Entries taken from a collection

::::

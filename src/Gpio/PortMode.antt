-- ===== src/Gpio/PortMode.antt =====
-- What `_gpio_lld_setportmode` leaves in the registers of a port.
use native.Mathlib.Nat.{pow-succ'}
use nfcee_fw.Base.{
  ℕ, zero, suc, ◌+◌, ◌-◌, ◌*◌, ◌/◌, ◌%◌, ◌^◌, ◌<◌, ◌≡◌, inl, inr, refl, ap, ◌∙◌, arith, false, some,
  List, bit_and, ◌==◌, if◌then◌else◌, Bool-cases, get_elem?, set,
}
use nfcee_fw.Word.{u16}
use nfcee_fw.Run.{Run, returns, ◌>>=◌, Must, Must-map, Must->>=}
use nfcee_fw.Bits.{bit_and-mask}
use nfcee_fw.Gpio.{
  Port, fields_of, alternate_of, set_pad_mode, next_fields, port_mode_loop, setportmode, on_port,
}
use nfcee_fw.Gpio.BitFields.{field_value, IsWritten-step, IsWritten-none}
use nfcee_fw.Gpio.Locals.{next_fields-at, fields_of-at}
use nfcee_fw.Gpio.Mode.{
  Mode, mode_of, IsMode, HasMode, fields_at, Touched, keep-Touched, set_pad_mode-Touched,
}

HasMode-step :
    (b mask : ℕ) (m : Mode) (p p1 p' : Port)
    → Touched b mask m p p1
    → HasMode (b + 1) (mask / 2) m p1 p'
    → HasMode b mask m p p'
HasMode-step b mask m p p1 p' t rest = record {
  moder =
      IsWritten-step 0 16 2 (λ i. i * 2) b mask m.m_moder p.moder p1.moder p'.moder t.t_moder
        rest.moder;
  otyper =
      IsWritten-step 0 16 1 (λ i. i) b mask m.m_otyper p.otyper p1.otyper p'.otyper t.t_otyper
        rest.otyper;
  ospeedr =
      IsWritten-step 0 16 2 (λ i. i * 2) b mask m.m_ospeedr p.ospeedr p1.ospeedr p'.ospeedr
        t.t_ospeedr rest.ospeedr;
  pupdr =
      IsWritten-step 0 16 2 (λ i. i * 2) b mask m.m_pupdr p.pupdr p1.pupdr p'.pupdr t.t_pupdr
        rest.pupdr;
  afrl =
      IsWritten-step 0 8 4 (λ i. i * 4) b mask m.m_altr p.afrl p1.afrl p'.afrl t.t_afrl rest.afrl;
  afrh =
      IsWritten-step 8 16 4 (λ i. (i - 8) * 4) b mask m.m_altr p.afrh p1.afrh p'.afrh t.t_afrh
        rest.afrh;
}

HasMode-none : (b : ℕ) (m : Mode) (p : Port) → HasMode b 0 m p p
HasMode-none b m p = record {
  moder = IsWritten-none 0 16 2 (λ i. i * 2) b m.m_moder p.moder;
  otyper = IsWritten-none 0 16 1 (λ i. i) b m.m_otyper p.otyper;
  ospeedr = IsWritten-none 0 16 2 (λ i. i * 2) b m.m_ospeedr p.ospeedr;
  pupdr = IsWritten-none 0 16 2 (λ i. i * 2) b m.m_pupdr p.pupdr;
  afrl = IsWritten-none 0 8 4 (λ i. i * 4) b m.m_altr p.afrl;
  afrh = IsWritten-none 8 16 4 (λ i. (i - 8) * 4) b m.m_altr p.afrh;
}

abbrev round_port : ℕ → Mode → ℕ → Port → Port
round_port mask m b p = if bit_and mask 1 == 0 then p else set_pad_mode m.m_altr (fields_at m b) p

round_port-Touched :
    (b mask : ℕ) (m : Mode) (p : Port)
    → b < 16
    → IsMode m
    → Touched b mask m p (round_port mask m b p)
round_port-Touched b mask m p hb valid =
    let low = bit_and-mask 1 mask in
    elim (Bool-cases (bit_and mask 1 == 0)) [
      | inl even ↦ rw even (keep-Touched b mask m p (ground (arith, low)))
      | inr odd ↦ rw odd (set_pad_mode-Touched b mask m p (ground (arith, low)) hb valid)
    ]

-- Where the rest of the mask is zero the loop has done its last round.
last_round :
    (b mask : ℕ) (m : Mode) (p : Port)
    → mask / 2 ≡ 0
    → b < 16
    → IsMode m
    → HasMode b mask m p (round_port mask m b p)
last_round b mask m p none_left hb valid =
    HasMode-step b mask m p (round_port mask m b p) (round_port mask m b p)
      (round_port-Touched b mask m p hb valid)
      (rw none_left (HasMode-none (b + 1) m (round_port mask m b p)))

loop_stops :
    (fuel mask b : ℕ) (m : Mode) (p : Port)
    → mask / 2 ≡ 0
    → port_mode_loop (suc fuel) mask m.m_altr (fields_at m b) p ≡ returns (round_port mask m b p)
unfolding port_mode_loop
loop_stops fuel mask b m p h = rw h refl

round_more :
    (fuel mask b : ℕ) (m : Mode) (p : Port)
    → (mask / 2 == 0) ≡ false
    → port_mode_loop (suc fuel) mask m.m_altr (fields_at m b) p
      ≡ port_mode_loop fuel
          (mask / 2)
          m.m_altr
          (next_fields (fields_at m b))
          (round_port mask m b p)
unfolding port_mode_loop
round_more fuel mask b m p h = rw h refl

loop_goes_on :
    (fuel mask b : ℕ) (m : Mode) (p : Port)
    → (mask / 2 == 0) ≡ false
    → b < 16
    → port_mode_loop (suc fuel) mask m.m_altr (fields_at m b) p
      ≡ port_mode_loop fuel (mask / 2) m.m_altr (fields_at m (b + 1)) (round_port mask m b p)
loop_goes_on fuel mask b m p h hb =
    round_more fuel mask b m p h
    ∙ ap (λ f. port_mode_loop fuel (mask / 2) m.m_altr f (round_port mask m b p))
        (next_fields-at m b hb)

port_mode_loop-HasMode :
    (fuel mask b : ℕ) (m : Mode) (p : Port)
    → 0 < fuel
    → mask < 2 ^ fuel
    → b + fuel ≡ 16
    → IsMode m
    → Must (HasMode b mask m p) (port_mode_loop fuel mask m.m_altr (fields_at m b) p)
port_mode_loop-HasMode zero mask b m p more small place valid = absurd (omega arith)
port_mode_loop-HasMode (suc zero) mask b m p more small place valid =
    let none_left : mask / 2 ≡ 0 = omega arith in
    rw (loop_stops 0 mask b m p none_left) (last_round b mask m p none_left (omega arith) valid)
port_mode_loop-HasMode (suc (suc fuel)) mask b m p more small place valid =
    elim (Bool-cases (mask / 2 == 0)) [
      | inl zero_left ↦
          let none_left : mask / 2 ≡ 0 = ground arith in
          rw (loop_stops (suc fuel) mask b m p none_left)
            (last_round b mask m p none_left (omega arith) valid)
      | inr left ↦ rw (loop_goes_on (suc fuel) mask b m p left (omega arith)) (
          Must-map (HasMode (b + 1) (mask / 2) m (round_port mask m b p)) (HasMode b mask m p)
            (port_mode_loop (suc fuel) (mask / 2) m.m_altr (fields_at m (b + 1))
              (round_port mask m b p))
            (λ p'.
              HasMode-step b mask m p (round_port mask m b p) p'
                (round_port-Touched b mask m p (omega arith) valid))
            (port_mode_loop-HasMode (suc fuel) (mask / 2) (b + 1) m (round_port mask m b p)
              (omega arith) (omega (arith, pow-succ' 2 (suc fuel))) (omega arith) valid))
    ]

pub on_port-there :
    (port : ℕ) (ports : List Port) (p : Port) (f : Port → Run Port)
    → get_elem? ports port ≡ some p
    → on_port port ports f ≡ (f p >>= λ p1. returns (set ports port p1))
on_port-there port ports p f here = rw (here, on_port) refl

setportmode_lem :
    (port mask mode : ℕ) (ports : List Port) (p : Port)
    → get_elem? ports port ≡ some p
    → setportmode port mask mode ports ≡ (
        port_mode_loop 16 (u16 mask) (mode_of mode).m_altr (fields_at (mode_of mode) 0) p >>= λ p1.
        returns (set ports port p1))
unfolding setportmode
setportmode_lem port mask mode ports p here =
    on_port-there port ports p
      (λ q. port_mode_loop 16 (u16 mask) (alternate_of mode) (fields_of mode) q) here
    ∙ ap (λ run. run >>= λ p1. returns (set ports port p1))
        (ap (λ a. port_mode_loop 16 (u16 mask) a (fields_of mode) p) (field_value 4 7 mode)
          ∙ ap (λ f. port_mode_loop 16 (u16 mask) (mode / 128 % 16) f p) (fields_of-at mode))

-- Setting the mode of a group of pads of a port that exists always returns, in 16 rounds at most. Then
-- each pad of the port that the mask selects has the five fields of the mode in their registers, each
-- other pad has the fields that it had, and the other ports are as they were.
pub setportmode-HasMode :
    (port mask mode : ℕ) (ports : List Port) (p : Port)
    → get_elem? ports port ≡ some p
    → Must
        (λ ports'.
          (p' : Port) × (ports' ≡ set ports port p') × HasMode 0 (u16 mask) (mode_of mode) p p')
        (setportmode port mask mode ports)
setportmode-HasMode port mask mode ports p here = rw (setportmode_lem port mask mode ports p here) (
    Must->>= (HasMode 0 (u16 mask) (mode_of mode) p) _
      (port_mode_loop 16 (u16 mask) (mode_of mode).m_altr (fields_at (mode_of mode) 0) p)
      (λ p1. returns (set ports port p1))
      (port_mode_loop-HasMode 16 (u16 mask) 0 (mode_of mode) p (omega arith) (omega arith) refl
        (omega arith, omega arith, omega arith, omega arith, omega arith))
      (λ p1 h. (p1, refl, h)))
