-- ===== src/Gpio/PadModes.antt =====
-- A port as what it is for: the mode of each of its 16 pads. `_gpio_lld_setportmode` is an update of that
-- map, whatever the registers are.
use nfcee_fw.Base.{
  ℕ, ◌+◌, ◌-◌, ◌*◌, ◌/◌, ◌%◌, ◌^◌, ◌≤◌, ◌<◌, ◌≡◌, inl, inr, refl, ◌∙◌, sym, arith, ltb, ◌==◌,
  ltb→lt, if◌then◌else◌, Bool-cases,
}
use nfcee_fw.Bits.{testbit, testbit_ext, testbit-mod, testbit-shr}
use nfcee_fw.Gpio.{Port}
use nfcee_fw.Gpio.BitFields.{IsWritten, testbit-above}
use nfcee_fw.Gpio.Mode.{Mode, mode_of, HasMode}

-- The mode that the registers hold for a pad.
abbrev pub pad_mode : Port → ℕ → Mode
pad_mode p i = record {
  m_moder = p.moder / 2 ^ (i * 2) % 2 ^ 2;
  m_otyper = p.otyper / 2 ^ i % 2 ^ 1;
  m_ospeedr = p.ospeedr / 2 ^ (i * 2) % 2 ^ 2;
  m_pupdr = p.pupdr / 2 ^ (i * 2) % 2 ^ 2;
  m_altr = if ltb i 8 then p.afrl / 2 ^ (i * 4) % 2 ^ 4 else p.afrh / 2 ^ ((i - 8) * 4) % 2 ^ 4;
}

field-bit :
    (k s reg j : ℕ) → testbit (reg / 2 ^ s % 2 ^ k) j ≡ (if ltb j k then testbit reg (s + j) else 0)
field-bit k s reg j = testbit-mod j k (reg / 2 ^ s) ∙ rw (testbit-shr s reg j) refl

pub IsWritten-field :
    (lo hi k : ℕ) (pos : ℕ → ℕ) (mask value reg reg' i : ℕ)
    → IsWritten lo hi k pos 0 mask value reg reg'
    → lo ≤ i
    → i < hi
    → value < 2 ^ k
    → reg' / 2 ^ pos i % 2 ^ k ≡ (if testbit mask i == 1 then value else reg / 2 ^ pos i % 2 ^ k)
IsWritten-field lo hi k pos mask value reg reg' i h hlo hhi small =
    let same : i - 0 ≡ i = omega arith in
    elim (Bool-cases (testbit mask i == 1)) [
      | inl selected ↦ rw selected (
          testbit_ext (reg' / 2 ^ pos i % 2 ^ k) value (λ j.
            field-bit k (pos i) reg' j ∙ elim (Bool-cases (ltb j k)) [
              | inl inside ↦
                  rw inside (h i j hlo hhi (ltb→lt j k inside) ∙ rw (same, selected) (ground arith))
              | inr outside ↦ rw outside (sym (testbit-above k value j small (ground arith)))
            ]))
      | inr other ↦ rw other (
          testbit_ext (reg' / 2 ^ pos i % 2 ^ k) (reg / 2 ^ pos i % 2 ^ k) (λ j.
            field-bit k (pos i) reg' j ∙ elim (Bool-cases (ltb j k)) [
              | inl inside ↦ rw inside (
                  h i j hlo hhi (ltb→lt j k inside)
                  ∙ rw (same, other) (ground (arith, field-bit k (pos i) reg j)))
              | inr outside ↦ ground (arith, field-bit k (pos i) reg j)
            ]))
    ]

module _ (mask mode : ℕ) (p p' : Port) (i : ℕ) (h : HasMode 0 mask (mode_of mode) p p') where
  alternate-field :
      i < 16
      → (pad_mode p' i).m_altr
        ≡ (if testbit mask i == 1 then (mode_of mode).m_altr else (pad_mode p i).m_altr)
  alternate-field small = elim (Bool-cases (ltb i 8)) [
    | inl low ↦ rw low (
        IsWritten-field 0 8 4 (λ n. n * 4) mask (mode / 128 % 16) p.afrl p'.afrl i h.afrl
          (omega arith) (ltb→lt i 8 low) (omega arith))
    | inr high ↦ rw high (
        IsWritten-field 8 16 4 (λ n. (n - 8) * 4) mask (mode / 128 % 16) p.afrh p'.afrh i h.afrh
          (ground arith) small (omega arith))
  ]

  -- All pads of a port after its registers were written for those that the mask selects.
  pub HasMode-pad_mode :
      i < 16 → pad_mode p' i ≡ (if testbit mask i == 1 then mode_of mode else pad_mode p i)
  HasMode-pad_mode small =
      let moder =
        IsWritten-field 0 16 2 (λ n. n * 2) mask (mode % 4) p.moder p'.moder i h.moder (omega arith)
          small (omega arith) in
      let otyper =
        IsWritten-field 0 16 1 (λ n. n) mask (mode / 4 % 2) p.otyper p'.otyper i h.otyper
          (omega arith) small (omega arith) in
      let ospeedr =
        IsWritten-field 0 16 2 (λ n. n * 2) mask (mode / 8 % 4) p.ospeedr p'.ospeedr i h.ospeedr
          (omega arith) small (omega arith) in
      let pupdr =
        IsWritten-field 0 16 2 (λ n. n * 2) mask (mode / 32 % 4) p.pupdr p'.pupdr i h.pupdr
          (omega arith) small (omega arith) in
      let altr = alternate-field small in
      elim (Bool-cases (testbit mask i == 1)) [
        | inl e ↦ rw e (
            together (rw e at moder) (rw e at otyper) (rw e at ospeedr) (rw e at pupdr)
              (rw e at altr))
        | inr e ↦ rw e (
            together (rw e at moder) (rw e at otyper) (rw e at ospeedr) (rw e at pupdr)
              (rw e at altr))
      ]
    where
      together :
          {m n : Mode}
          → m.m_moder ≡ n.m_moder
          → m.m_otyper ≡ n.m_otyper
          → m.m_ospeedr ≡ n.m_ospeedr
          → m.m_pupdr ≡ n.m_pupdr
          → m.m_altr ≡ n.m_altr
          → m ≡ n
      together a b c d e = cc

::::

| THE TASK |
Using the records above, restate word for word the lines from the one with "(rw none_left (HasMode-none" through the one with "Must-map (HasMode (b", both included.

| ANSWER TO THE EXERCISE |
      (rw none_left (HasMode-none (b + 1) m (round_port mask m b p)))

loop_stops :
    (fuel mask b : ℕ) (m : Mode) (p : Port)
    → mask / 2 ≡ 0
    → port_mode_loop (suc fuel) mask m.m_altr (fields_at m b) p ≡ returns (round_port mask m b p)
unfolding port_mode_loop
loop_stops fuel mask b m p h = rw h refl

round_more :
    (fuel mask b : ℕ) (m : Mode) (p : Port)
    → (mask / 2 == 0) ≡ false
    → port_mode_loop (suc fuel) mask m.m_altr (fields_at m b) p
      ≡ port_mode_loop fuel
          (mask / 2)
          m.m_altr
          (next_fields (fields_at m b))
          (round_port mask m b p)
unfolding port_mode_loop
round_more fuel mask b m p h = rw h refl

loop_goes_on :
    (fuel mask b : ℕ) (m : Mode) (p : Port)
    → (mask / 2 == 0) ≡ false
    → b < 16
    → port_mode_loop (suc fuel) mask m.m_altr (fields_at m b) p
      ≡ port_mode_loop fuel (mask / 2) m.m_altr (fields_at m (b + 1)) (round_port mask m b p)
loop_goes_on fuel mask b m p h hb =
    round_more fuel mask b m p h
    ∙ ap (λ f. port_mode_loop fuel (mask / 2) m.m_altr f (round_port mask m b p))
        (next_fields-at m b hb)

port_mode_loop-HasMode :
    (fuel mask b : ℕ) (m : Mode) (p : Port)
    → 0 < fuel
    → mask < 2 ^ fuel
    → b + fuel ≡ 16
    → IsMode m
    → Must (HasMode b mask m p) (port_mode_loop fuel mask m.m_altr (fields_at m b) p)
port_mode_loop-HasMode zero mask b m p more small place valid = absurd (omega arith)
port_mode_loop-HasMode (suc zero) mask b m p more small place valid =
    let none_left : mask / 2 ≡ 0 = omega arith in
    rw (loop_stops 0 mask b m p none_left) (last_round b mask m p none_left (omega arith) valid)
port_mode_loop-HasMode (suc (suc fuel)) mask b m p more small place valid =
    elim (Bool-cases (mask / 2 == 0)) [
      | inl zero_left ↦
          let none_left : mask / 2 ≡ 0 = ground arith in
          rw (loop_stops (suc fuel) mask b m p none_left)
            (last_round b mask m p none_left (omega arith) valid)
      | inr left ↦ rw (loop_goes_on (suc fuel) mask b m p left (omega arith)) (
          Must-map (HasMode (b + 1) (mask / 2) m (round_port mask m b p)) (HasMode b mask m p)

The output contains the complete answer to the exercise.